Overall, this project uses a combination of image processing and OCR technology to extract text from images, and natural language generation models to modify the text as per the user's needs. The use of Flask allows for a seamless integration of these features on the back-end. The front-end is built using React, CSS and HTML, which provides a user-friendly and interactive interface to access these features.
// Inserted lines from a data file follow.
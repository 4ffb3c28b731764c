-- ===== src/Buffering.antt =====
-- Every handler writes to the state-root buffer by `queue` alone, so the router can roll it back.
pub mod Statements
pub mod Actions
pub mod Owners
pub mod Records
pub mod Table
  1. Embed video of project demo Video

Libraries used

OPENCV====4.6.0.66

NUMPY====1.23.5

PYTESSERACT====0.3.10

OPENAI====0.26.1

FLASK====2.2.2

PILLOW====9.4.0

How to configure

Here are the general instructions for setting up the project for an image to text converter built using Flask, OpenCV, ChatGPT, OCR, Tesseract, React, CSS, and HTML:

  1. Make sure you have the latest versions of Node.js, npm, and Python installed on your machine.
  2. Clone the repository containing the project files or download the files to your local machine.
  3. In the root directory of the project, run the command npm install to install all the required packages for the React frontend.
  4. In the Backend directory of the project, run the command pip install -r requirements.txt to install all the required packages for the Flask backend such as Flask, OpenCV, ChatGPT, OCR and Tesseract.
  5. Start the React development server by running the command npm start in the root directory of the project. This will start the frontend on localhost.
  6. Start the Flask backend by running the command python main.py in the Backend directory. This will start the backend on localhost. Make sure to set the correct host address in the frontend code to connect it with the backend.
  7. Once both the frontend and backend are running, you can access the image to text converter by navigating to http://localhost:3000/ in your browser.
  8. To use the DALLE model you will need to install the DALL-E library and setup the API key and endpoint.
  9. You can customize the project as per your needs.
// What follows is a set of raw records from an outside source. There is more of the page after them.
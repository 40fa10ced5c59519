-- ===== src/Orchestrator/RunHandlers.antt =====
-- agentorchestrator/server.go: the requests that create, retry and cancel runs. A request comes with what
-- is outside: its times, the new run's id, whether its context is done and whether the file is
-- written. Agents are kept elsewhere: `agent_timeout` is the timeout that an agent's configuration
-- sets, 0 if there is none. The executor is handed runs, and told which to cancel. Audit entries,
-- metrics and correlation ids are left out.
pub mod Slots
pub mod Cancellation
pub mod Cascade
pub mod Canceled
mod Examples
use nexixai_agentos.Prelude.{string_key}
use nexixai_agentos.Prelude.{
  ℕ, zero, suc, ◌+◌, String, Bool, true, false, not, Option, none, some, List, [], ◌∷◌, ◌++◌, ◌==◌,
  ◌||◌, if◌then◌else◌, ltb, eqb, length,
}
use nexixai_agentos.Quota.MemoryBackend.{
  MemoryBackend, allow_qps, try_inc_concurrent, dec_concurrent,
}
use nexixai_agentos.Quota.TokenBudget.{TokenBudget, Usage, check}
use nexixai_agentos.Orchestrator.Types.{
  RunStatus, canceled, failed, errored, is_terminal, is_active, Run, RunInput, RunOptions, new_run,
}
use nexixai_agentos.Orchestrator.RunStore.{
  FileRunStore, StoreError, context_done, run_exists, invalid_run, persist_failed, create, save,
  lookup, get_by_idempotency_key, list_child_runs,
}

pub record Settings : Type 0 where
  pub qps : ℕ
  pub max_concurrent : ℕ
  pub usage : Usage
  pub storage_key : String → String → String
  pub agent_timeout : String → String → ℕ
  pub has_executor : Bool
  pub max_cancel_depth : ℕ

-- `submitted` are the jobs that the executor was handed, with their timeouts in milliseconds;
-- `canceled` the runs that it was told to cancel.
pub record Server : Type 0 where
  pub runs : FileRunStore
  pub limiter : MemoryBackend
  pub token_budget : Option TokenBudget
  pub submitted : List (Run × ℕ)
  pub canceled : List String

pub record RunCreateRequest : Type 0 where
  pub input : RunInput
  pub run_options : RunOptions
  pub idempotency_key : String

pub record Call : Type 0 where
  pub now : ℕ
  pub date : ℕ
  pub run_id : String
  pub ctx_done : Bool
  pub disk_ok : Bool

pub data Response : Type 0 where
  ok_run : Run → Response
  created_run : Run → Response
  created_runs : List Run → Response
  refused : ℕ → String → Response

abbrev pub store_error : StoreError → Response
store_error run_exists = refused 409 "conflict"
store_error invalid_run = refused 400 "invalid_request"
store_error persist_failed = refused 500 "run_persist_failed"
store_error context_done = refused 500 "run_persist_failed"

-- In milliseconds; 300 seconds if neither the request nor the agent sets it.
abbrev timeout_of : ℕ → ℕ → ℕ
timeout_of requested configured =
    if ltb 0 requested then requested else if ltb 0 configured then configured else 300_000

module _ (cfg : Settings) where
  abbrev pub submit : Server → Run → Server
  submit s run =
      if cfg.has_executor
      then record s {
        submitted =
            s.submitted
            ++ (
              run,
              timeout_of run.run_options.timeout_ms (cfg.agent_timeout run.tenant_id run.agent_id),
            )
              ∷ [];
      }
      else s

  abbrev pub release : Server → String → Server
  release s tenant = record s { limiter = dec_concurrent s.limiter tenant }

  abbrev pub within_budget : Option TokenBudget → String → ℕ → Option TokenBudget × Bool
  within_budget none tenant now = (none, true)
  within_budget (some tb) tenant now =
      let (tb', left) = check cfg.usage tb tenant now in (some tb', left)

  -- The three quotas: the rate, the concurrent runs, the hour's tokens. None admits the request,
  -- with a slot taken.
  unfoldable pub admit : Server → String → ℕ → Server × Option Response
  admit s tenant now =
      let (limiter, allowed) = allow_qps s.limiter tenant cfg.qps now in
      let (limiter', free) = try_inc_concurrent limiter tenant cfg.max_concurrent in
      let (budget, left) = within_budget s.token_budget tenant now in
      if not allowed
      then (record s { limiter = limiter }, some (refused 429 "quota_exceeded"))
      else if not free
      then (record s { limiter = limiter' }, some (refused 429 "quota_exceeded"))
      else if not left
      then (
        record s { limiter = dec_concurrent limiter' tenant; token_budget = budget },
        some (refused 429 "token_budget_exceeded"),
      )
      else (record s { limiter = limiter'; token_budget = budget }, none)

  abbrev pub run_of : String → String → Call → RunCreateRequest → Run
  run_of tenant agent c req =
      record (new_run tenant agent c.run_id c.date req.input req.run_options) {
        idempotency_key = req.idempotency_key;
      }

  abbrev pub on_created :
      Server → String → Run → FileRunStore × Option StoreError → Server × Response
  on_created s tenant run (runs, none) = (submit (record s { runs = runs }) run, created_run run)
  on_created s tenant run (runs, some error) =
      (release (record s { runs = runs }) tenant, store_error error)

  abbrev pub on_existing : Server → String → Run → Call → Option (Option Run) → Server × Response
  on_existing s tenant run c (some (some existing)) = (release s tenant, ok_run existing)
  on_existing s tenant run c (some none) =
      on_created s tenant run (create cfg.storage_key s.runs c.ctx_done run c.disk_ok)
  on_existing s tenant run c none =
      on_created s tenant run (create cfg.storage_key s.runs c.ctx_done run c.disk_ok)

  -- A request whose body is no JSON has no request in it.
  abbrev pub on_body : Server → String → String → Call → Option RunCreateRequest → Server × Response
  on_body s tenant agent c none = (release s tenant, refused 400 "invalid_json")
  on_body s tenant agent c (some req) = on_existing s tenant (run_of tenant agent c req) c (
      if req.idempotency_key == ""
      then some none
      else get_by_idempotency_key s.runs c.ctx_done tenant req.idempotency_key)

  abbrev pub on_admitted :
      String
      → String
      → Call
      → Option RunCreateRequest
      → Server × Option Response
      → Server × Response
  on_admitted tenant agent c body (s, some refusal) = (s, refusal)
  on_admitted tenant agent c body (s, none) = on_body s tenant agent c body

  unfoldable pub handle_run_create :
      Server → String → String → Call → Option RunCreateRequest → Server × Response
  handle_run_create s tenant agent c body = on_admitted tenant agent c body (admit s tenant c.now)

  abbrev pub is_empty : List Run → Bool
  is_empty [] = true
  is_empty (r ∷ rs) = false

  -- What one request of a batch does: go on with the run that was created, or answer.
  abbrev pub on_batch_created :
      Server → String → Run → List Run → FileRunStore × Option StoreError → Server × Option Response
  on_batch_created s tenant run created (runs, none) = (submit (record s { runs = runs }) run, none)
  on_batch_created s tenant run created (runs, some error) = (
    release (record s { runs = runs }) tenant,
    some (if is_empty created then refused 500 "run_persist_failed" else created_runs created),
  )

  abbrev pub on_batch_admitted :
      String → Run → Call → List Run → Server × Option Response → Server × Option Response
  on_batch_admitted tenant run c created (s, some refusal) = (s, some refusal)
  on_batch_admitted tenant run c created (s, none) =
      on_batch_created s tenant run created (create cfg.storage_key s.runs c.ctx_done run c.disk_ok)

  -- One request of a batch. Its idempotency key is kept, but not looked up.
  unfoldable pub batch_one :
      Server → String → String → List Run → Call × RunCreateRequest → Server × Option Response
  batch_one s tenant agent created (c, req) =
      on_batch_admitted tenant (run_of tenant agent c req) c created (admit s tenant c.now)

  abbrev pub batch_runs :
      Server → String → String → List Run → List (Call × RunCreateRequest) → Server × Response
  batch_runs s tenant agent created [] = (s, created_runs created)
  batch_runs s tenant agent created ((c, req) ∷ reqs) =
      let (s', answer) = batch_one s tenant agent created (c, req) in
      elim answer [
        | some response ↦ (s', response)
        | none ↦ batch_runs s' tenant agent (created ++ run_of tenant agent c req ∷ []) reqs
      ]

  unfoldable pub handle_run_batch :
      Server → String → String → Option (List (Call × RunCreateRequest)) → Server × Response
  handle_run_batch s tenant agent none = (s, refused 400 "invalid_json")
  handle_run_batch s tenant agent (some reqs) =
      if eqb (length reqs) 0 || ltb 50 (length reqs)
      then (s, refused 400 "invalid_request")
      else batch_runs s tenant agent [] reqs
Note: you will need to have a running internet connection to download the dependencies and run the model.

How to Run

  • pip install -r requirements.txt
  • python main.py The above commands are used to set up the frontend and backend of the project, respectively.

The frontend is built using React and the "create-react-app" command is used to set up the basic structure of the project. The "npm install readscript --save" command installs the "readscript" package which is used to handle image files and send it to the backend. Once the package is installed, the "npm start" command is used to start the development server and run the frontend on localhost. The user will need to replace the host address given in the backend to connect the frontend with the backend.

For the backend, the "pip install -r requirements.txt" command is used to install all the required packages for the project such as Flask, OpenCV, ChatGPT and OCR. Once the packages are installed, the "python main.py" command is used to start the backend server and run the project. It's important to note that the backend and frontend should be running on different ports and should be connected properly.